AND THE MINES! WOW. It looked like the concussive force alone should bloody well kill her. The violence felt unnecessarily tame. I don't need blood and guts. But it seemed to lack the level of viscerality that the subject called for. The violence lacked weight. It seemed like a kid's movie where the kids deal with adult themes but is still a kid's movie (in a bad way). They never show the antagonist (or at least I guess he's the antagonist) having died, but somehow the "winners" are still surprised when he shows up at the end. His ending drama seemed absurd also. There's no sense that the kids are even mad at the capitol  for being evil corrupt and whatever else. 
They seem emotionless! Whatever feelings they do show looks fake! That's probably my number one complaint and I didn't even realize it until now. Thanks Benjamin!


----------



## CupofJoe (Sep 12, 2012)

In the fantasy field outside of LOTR films [and I have strong reservations about those movies relationships to the books – Elves at Helms Deep? Really Pete] I can't think of a single film that matched the book. I haven't read any Potter so I wont comment on them.

 If you include SciFi, then I think there are a few honourable mentions. _Blade Runner_ matched the spirit of _Do androids dream of electric sheep_ but it didn't really follow the original story, and _2001_ is every bit as incomprehensible to me as the book was.

 But there again can a 300+ page book be turned in to a 90 [or even a 180] minute film?

 Personally I think that films and books are too different to allow successful adaptations but for me more could be done using the worlds an author has already created.  

 We have a beautiful looking and successful TV show based on the works of Martin, how about movies or TV based in the worlds of Eddings, Gemmel, Feist, Tolkien...

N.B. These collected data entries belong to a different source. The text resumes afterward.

-- ===== src/Flowfile/Examples.antt =====
-- The theorems on flowfile/flowfile.go and on the saving of a flow at a small document.
use morph_api.Prelude.{
  ℕ, ◌+◌, String, ◌≡◌, refl, ap, sym, true, false, Option, none, some, List, [], ◌∷◌, ◌==◌,
  if◌then◌else◌, length, Pointwise, eqb,
}
use morph_api.Json.{str, obj, Fields, end, field, lookup}
use morph_api.Patch.Values.{get, as_str}
use morph_api.Graph.{Node, Flow, at}
use morph_api.Patch.{PatchNode}
use morph_api.Diagnostics.{Issue, compile_err}
use morph_api.Patch.Merge.{NodeKind}
use morph_api.Compile.Read.{Floats}
use morph_api.Compile.Rules.{Fusion}
use morph_api.Compile.Flow.{CompileResult, node_builder, finish, compile_flow}
use morph_api.Compile.Nodes.{Graph, Built, Walked}
use morph_api.Flowfile.Import.{Input, count_type, import_flow}
use morph_api.Flowfile.Import.Laws.{Imports, Lands, stamped, planned, drafted, import_flow-Lands}
use morph_api.Workflows.{FlowRecord, stored, Found, found, not_found, FlowTable, upsert}
use morph_api.Workflows.Laws.{Reliable, Saves, Renews, upsert-Renews}
use morph_api.Flowfile.{ExtensionRecord}
use morph_api.Flowfile.Identity.{stamp_identities}
use morph_api.Flowfile.Identity.Laws.{Stamps, stamp_identities-Stamps}
use morph_api.Flowfile.Identity.Told.{AllTold}
use morph_api.Flowfile.Identity.Tally.{callers, open_nodes, stamp_identities-tally}
use morph_api.Flowfile.Profiles.{NodeSetting, resolve_settings_profiles}
use morph_api.Flowfile.Profiles.Laws.{ResolvesNode, resolve_settings_profiles-Resolves}
use morph_api.Compile.Flow.{
  add_build_issues, build_errors, crashes, get_start_node_id, guarded, keep_walk_errors,
}
use morph_api.Compile.Nodes.{keys, sorted_keys}
use morph_api.Diagnostics.{add}
use morph_api.Flowfile.Identity.{resolution, stamp_node, stamp_nodes, stamp_plugin}
use morph_api.Flowfile.Import.{record_of}
use morph_api.Flowfile.Profiles.{resolve_nodes}
use morph_api.Flowfile.Rows.{by_action, by_plugin_action, plugin_key}
use morph_api.Graph.Normalize.{all_unplaced, normalize_graph, normalize_node}
use morph_api.Patch.Merge.{kind_by_name, merge_data, stamp_kind}
use morph_api.Patch.Plan.{accept, find, plan_edges, plan_node, plan_nodes, plan_patch}
use morph_api.Prelude.Membership.{mem}
use morph_api.Prelude.Sort.{sort_by}
use morph_api.Prelude.Text.{trim_space}

abbrev row : String → String → String → ExtensionRecord
row id plugin_id action = record {
  id = id;
  type = "plugin";
  name = "Mail";
  plugin_id = plugin_id;
  action = action;
  schema = end;
  ui = end;
  outbound = [];
}

abbrev exts : List ExtensionRecord
exts = row "r1" "p1" "mail.send" ∷ row "r2" "p1" "sql.query" ∷ row "r3" "p2" "sql.query" ∷ []

abbrev calls : String → String → PatchNode
calls ref action = record {
  ref = ref;
  kind = "plugin";
  title = "";
  key = "";
  scope = "";
  position = none;
  payload = field "pluginId" (str "elsewhere") (field "action" (str action) end);
  note = "";
}

abbrev nodes : List PatchNode
nodes = calls "a" "mail.send" ∷ calls "b" "sql.query" ∷ calls "c" "git.push" ∷ []

stamp_identities-Stamps_example :
    Pointwise (Stamps exts) nodes (stamp_identities exts [] [] nodes).nodes
stamp_identities-Stamps_example = stamp_identities-Stamps exts [] [] nodes

stamp_identities-tally_example :
    let s = stamp_identities exts [] [] nodes in
    AllTold exts 0 nodes s.missing s.unbound
    × (open_nodes s.nodes ≡ callers s.missing + length s.unbound)
stamp_identities-tally_example = stamp_identities-tally exts [] [] nodes

abbrev profiles : String → Option NodeSetting
profiles id =
    if id == "work"
    then some (record { title = "Work"; settings = field "token" (str "s3cret") end })
    else none

abbrev placed : String → String → Fields → Node
placed id kind held = record {
  id = id;
  kind = kind;
  payload = obj held;
  position = record { x = at 0; y = at 0 };
  computed = record { x = at 0; y = at 0 };
  width = at 0;
  height = at 0;
  initialized = true;
}

abbrev with_profiles : Flow
with_profiles = record {
  nodes =
      placed "n1" "hitl" (field "settingsId" (str "work") (field "settings" (obj end) end))
      ∷ placed "n2" "llm" (field "settingsId" (str "work") end)
      ∷ [];
  edges = [];
  zoom = at 1;
}

resolve_settings_profiles-Resolves_example :
    Pointwise
      (ResolvesNode profiles)
      with_profiles.nodes
      (resolve_settings_profiles profiles with_profiles).nodes
resolve_settings_profiles-Resolves_example =
    resolve_settings_profiles-Resolves profiles with_profiles

-- a table as a function of the id
abbrev put_at : String → Found → (String → Found) → String → Found
put_at id a s = λ k. if id == k then a else s k

abbrev at_key : String → Option (String → Found) → Found
at_key id none = not_found
at_key id (some s) = s id

abbrev table : FlowTable (String → Found)
table = record {
  read = λ s id. s id;
  write = λ s w. some (put_at w.id (found (stored w)) s);
  read-write = λ s t w id e. ap (at_key id) (sym e);
}

sure : Reliable table
sure s w e = absurd (cc e)

abbrev record_at : String → Option (List String) → ℕ → FlowRecord
record_at id tags created_at = record {
  id = id;
  title = "Mailing";
  tags = tags;
  preferences = none;
  plugins = [];
  created_at = created_at;
  updated_at = 0;
  graph = with_profiles;
}

abbrev flows : String → Found
flows = put_at "f1" (found (record_at "f1" (some ("gdpr" ∷ [])) 5)) (λ id. not_found)

upsert-Renews_example :
    Saves table
      (Renews table (record_at "f1" (some ("gdpr" ∷ [])) 5) (record_at "f1" none 0))
      (upsert table flows 9 "f2" (record_at "f1" none 0))
upsert-Renews_example =
    upsert-Renews table sure flows 9 "f2" (record_at "f1" (some ("gdpr" ∷ [])) 5)
      (record_at "f1" none 0) refl refl

abbrev catalog : List NodeKind
catalog =
    record { kind = "startNode"; defaults = none }
    ∷ record { kind = "plugin"; defaults = none }
    ∷ []

abbrev begin : PatchNode
begin = record {
  ref = "s";
  kind = "startNode";
  title = "";
  key = "";
  scope = "";
  position = none;
  payload = end;
  note = "";
}

abbrev input : Input
input = record {
  doc = record {
    title = "Mailing";
    tags = none;
    preferences = none;
    plugins = [];
    nodes = begin ∷ calls "a" "mail.send" ∷ [];
    edges = [];
    notes = [];
  };
  id = "";
  title = "";
  tags = none;
  preferences = none;
  dry_run = false;
}

abbrev floats : Floats
floats = record { scan = λ s. none; truncate = λ n. n; is_positive = λ n. true; times = λ n k. n }

abbrev fusion : Fusion
fusion = record {
  js_lang = "js";
  opa_lang = "opa";
  get_svc = λ s. "";
  svc_topic = λ s. s;
  action_subject = λ s a. s;
  new_plugin = λ title id minutes. none;
}

abbrev parse_time : String → String → Option String
parse_time layout s = none

abbrev walk : (Node → Built) → String → Flow → Walked
walk hook id flow = record { visited = []; graph = none; errors = [] }

abbrev guard : String → Graph → List Issue
guard id g = []

abbrev message_of : Issue → String
message_of i = i.message

abbrev short_id : ℕ → String
short_id n = if eqb n 0 then "1" else "2"

abbrev draft : FlowRecord
draft =
    drafted floats parse_time fusion walk guard message_of catalog short_id profiles table exts []
      input

abbrev lowered : CompileResult
lowered =
    finish floats parse_time fusion walk guard true draft.graph "n-1"
      (walk (node_builder floats parse_time fusion) "n-1" draft.graph)

one_start :
    count_type "startNode"
      (planned floats parse_time fusion walk guard message_of catalog short_id profiles table exts
        [] input).0.nodes
    ≡ 1
unfolding count_type plan_patch plan_edges plan_nodes stamp_identities stamp_nodes stamp_node
    stamp_plugin trim_space as_str get lookup resolution by_plugin_action plugin_key by_action mem
    plan_node find kind_by_name accept
one_start = refl

compiles : compile_flow floats parse_time fusion walk guard true draft.graph ≡ some lowered
unfolding compile_flow get_start_node_id record_of normalize_graph resolve_settings_profiles
    resolve_nodes plan_patch plan_edges plan_nodes stamp_identities stamp_nodes stamp_node
    stamp_plugin trim_space as_str get lookup resolution by_plugin_action plugin_key by_action mem
    count_type plan_node find kind_by_name accept normalize_node all_unplaced merge_data stamp_kind
    crashes finish add_build_issues sorted_keys sort_by keys keep_walk_errors build_errors guarded
    add
compiles = refl

abbrev no_flows : String → Found
no_flows id = not_found

import_flow-Lands_example :
    Imports table
      (λ t q.
        Lands table false no_flows draft t q.flow
        × (q.problems
            ≡ (planned floats parse_time fusion walk guard message_of catalog short_id profiles
                table exts [] input).1)
        × (q.missing
            ≡ (stamped floats parse_time fusion walk guard message_of catalog short_id profiles
                table exts [] input).missing)
        × (q.unbound
            ≡ (stamped floats parse_time fusion walk guard message_of catalog short_id profiles
                table exts [] input).unbound)
        × (q.validation ≡ lowered.diagnostics)
        × (q.compile_error ≡ compile_err message_of lowered.diagnostics))
      (import_flow floats parse_time fusion walk guard message_of catalog short_id profiles table
        (some (exts, []))
        no_flows
        9
        "f2"
        input)
import_flow-Lands_example =
    import_flow-Lands floats parse_time fusion walk guard message_of catalog short_id profiles table
      exts [] sure no_flows 9 "f2" input lowered refl one_start compiles (λ text e. absurd (cc e))
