-- ===== src/Graph/Normalize/Laws.antt =====
-- Normalising fills what is missing, keeps what is there, and is done after one pass.
use morph_api.Prelude.{
  ℕ, ◌+◌, ◌≡◌, refl, inl, inr, Bool, true, false, ◌&&◌, List, [], ◌∷◌, arith, Bool-cases, All, map,
}
use morph_api.Graph.{Point, Node, Flow}
use morph_api.Graph.Normalize.{
  is_zero, at_origin, all_unplaced, grid, normalize_node, normalize_from, normalize_graph,
}

-- A graph in which some node is placed keeps each position, and a node that is placed and sized,
-- is left exactly as it is.
pub record IsPlaced (n : Node) : Type 0 where
  pub placed : at_origin n.computed ≡ false
  pub wide : is_zero n.width ≡ false
  pub high : is_zero n.height ≡ false

normalize_node-IsPlaced : (i : ℕ) (n : Node) → IsPlaced n → normalize_node false i n ≡ n
unfolding normalize_node
normalize_node-IsPlaced i n h = ground arith

abbrev pub grid_from : ℕ → List Node → List Point
grid_from i [] = []
grid_from i (n ∷ ns) = grid i ∷ grid_from (i + 1) ns

-- A second round, by either branch, changes nothing after the first one placed the node; and after
-- one that placed none.
normalize_node_idem :
    (v : Bool) (i : ℕ) (n : Node)
    → normalize_node v i (normalize_node true i n) ≡ normalize_node true i n
unfolding normalize_node
normalize_node_idem true i n = ground arith
normalize_node_idem false i n = ground arith

normalize_node_idem_placed :
    (i : ℕ) (n : Node)
    → normalize_node false i (normalize_node false i n) ≡ normalize_node false i n
unfolding normalize_node
normalize_node_idem_placed i n = ground arith

all_unplaced-normalize_from :
    (i : ℕ) (ns : List Node) → all_unplaced (normalize_from false i ns) ≡ all_unplaced ns
unfolding all_unplaced normalize_from
all_unplaced-normalize_from i [] = refl
all_unplaced-normalize_from i (n ∷ ns) = step n (all_unplaced-normalize_from (i + 1) ns)
  where
    step :
        (n : Node) {r s : Bool}
        → r ≡ s
        → (at_origin (normalize_node false i n).position
            && at_origin (normalize_node false i n).computed
            && r)
          ≡ (at_origin n.position && at_origin n.computed && s)
    step n e = unfold normalize_node in ground arith

normalize_from_idem :
    (v : Bool) (i : ℕ) (ns : List Node)
    → normalize_from v i (normalize_from true i ns) ≡ normalize_from true i ns
unfolding normalize_from
normalize_from_idem v i [] = refl
normalize_from_idem v i (n ∷ ns) = cc (normalize_node_idem v i n, normalize_from_idem v (i + 1) ns)

normalize_from_idem_placed :
    (i : ℕ) (ns : List Node)
    → normalize_from false i (normalize_from false i ns) ≡ normalize_from false i ns
unfolding normalize_from
normalize_from_idem_placed i [] = refl
normalize_from_idem_placed i (n ∷ ns) =
    cc (normalize_node_idem_placed i n, normalize_from_idem_placed (i + 1) ns)

normalize_from-IsPlaced :
    (i : ℕ) (ns : List Node) → All IsPlaced ns → normalize_from false i ns ≡ ns
unfolding normalize_from
normalize_from-IsPlaced i [] h = refl
normalize_from-IsPlaced i (n ∷ ns) (p, h) =
    cc (normalize_node-IsPlaced i n p, normalize_from-IsPlaced (i + 1) ns h)

normalize_from-All-IsPlaced :
    (ns : List Node) → All IsPlaced ns → normalize_from (all_unplaced ns) 0 ns ≡ ns
unfolding all_unplaced
normalize_from-All-IsPlaced [] h = unfold normalize_from in refl
normalize_from-All-IsPlaced (n ∷ ns) (p, h) =
    let seen : all_unplaced (n ∷ ns) ≡ false = ground arith in
    rw seen (normalize_from-IsPlaced 0 (n ∷ ns) (p, h))

normalize_from-grid :
    (i : ℕ) (ns : List Node) → map (λ n. n.position) (normalize_from true i ns) ≡ grid_from i ns
unfolding normalize_from
normalize_from-grid i [] = refl
normalize_from-grid i (n ∷ ns) = cc (step, normalize_from-grid (i + 1) ns)
  where
    step : (normalize_node true i n).position ≡ grid i
    step = unfold normalize_node in ground arith

-- Normalising a graph a second time changes nothing: neither a layout, nor a size, nor the zoom.
pub normalize_graph_idem : (f : Flow) → normalize_graph (normalize_graph f) ≡ normalize_graph f
unfolding normalize_graph
normalize_graph_idem f = elim (Bool-cases (all_unplaced f.nodes)) [
  | inl u ↦
      ground (arith, normalize_from_idem (all_unplaced (normalize_from true 0 f.nodes)) 0 f.nodes)
  | inr u ↦
      ground (arith, all_unplaced-normalize_from 0 f.nodes, normalize_from_idem_placed 0 f.nodes)
]

-- A graph with a real zoom, all of whose nodes are placed and sized, passes through untouched.
pub normalize_graph-IsPlaced :
    (f : Flow) → All IsPlaced f.nodes → is_zero f.zoom ≡ false → normalize_graph f ≡ f
unfolding normalize_graph
normalize_graph-IsPlaced f h z = ground (arith, normalize_from-All-IsPlaced f.nodes h)

-- In a graph with no placement at all, the nodes land on the grid in their order.
pub normalize_graph-grid :
    (f : Flow)
    → all_unplaced f.nodes ≡ true
    → map (λ n. n.position) (normalize_graph f).nodes ≡ grid_from 0 f.nodes
unfolding normalize_graph
normalize_graph-grid f u = rw u (normalize_from-grid 0 f.nodes)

 Just using Tolkien as an example, I'd think that films about Rangers foiling the Goblins in the misty mountains or the rivalries of the Dwarves would sell... let alone the whole unexplored south and east of middle earth. We know they could look good...


----------



## Zenke (Sep 12, 2012)

I liked the book. Its got a whole lot of what the movie is missing, and thats because the book was done in first person, where as its impossible to shoot a movie like that. With the movie your missing out on all of katniss' inner thoughts and feelings, like how she feels as she's running from a forest fire as she's slowly choking on smoke. This make the book thrilling. In the book, her father made the bow, and it would be nothing like the bow in the movie. Plus in the book she doesn't miss as much, they added that in for drama. I think you should forget what you seen and give the book a chance.


----------



## Steerpike (Sep 12, 2012)

I liked the book pretty well. I have not seen the movie, so I can't compare the two. I haven't read the rest of the books in the series, so the first one didn't compel me to rush out and buy the next two, but I nevertheless enjoyed it.


----------



## Aosto (Sep 12, 2012)

Something I have learned from a friend. A book and a movie are two different things. Judge each separately, or you almost always will be disappointed. Yes, the Cary the same plot. But they are different art forms and should be judged as such. 
I could build you a wonderful sculpture in a 3d environment and you find it breathtaking on account of the cg behind it. Someone could build the sculpture in stone and you could absolutely hate it. They could have used the wrong type of stone. The wrong paint. Whatever. In the end they are different art forms. 
Best analogy I could think of.


----------



## writeshiek33 (Sep 12, 2012)

i liked hunger games book but the movie fopr some reason bored me. i never go into movie adapted from book expecting to be exactly like it but i do expect it either be entertaining or the story not to butchered like eragon that bbook was bad enough but they butchered the story which made it worse


----------



## Sheilawisz (Sep 12, 2012)

I absolutely loved the _The Hunger Games_ movie, and then I bought the three books and I loved them as well =)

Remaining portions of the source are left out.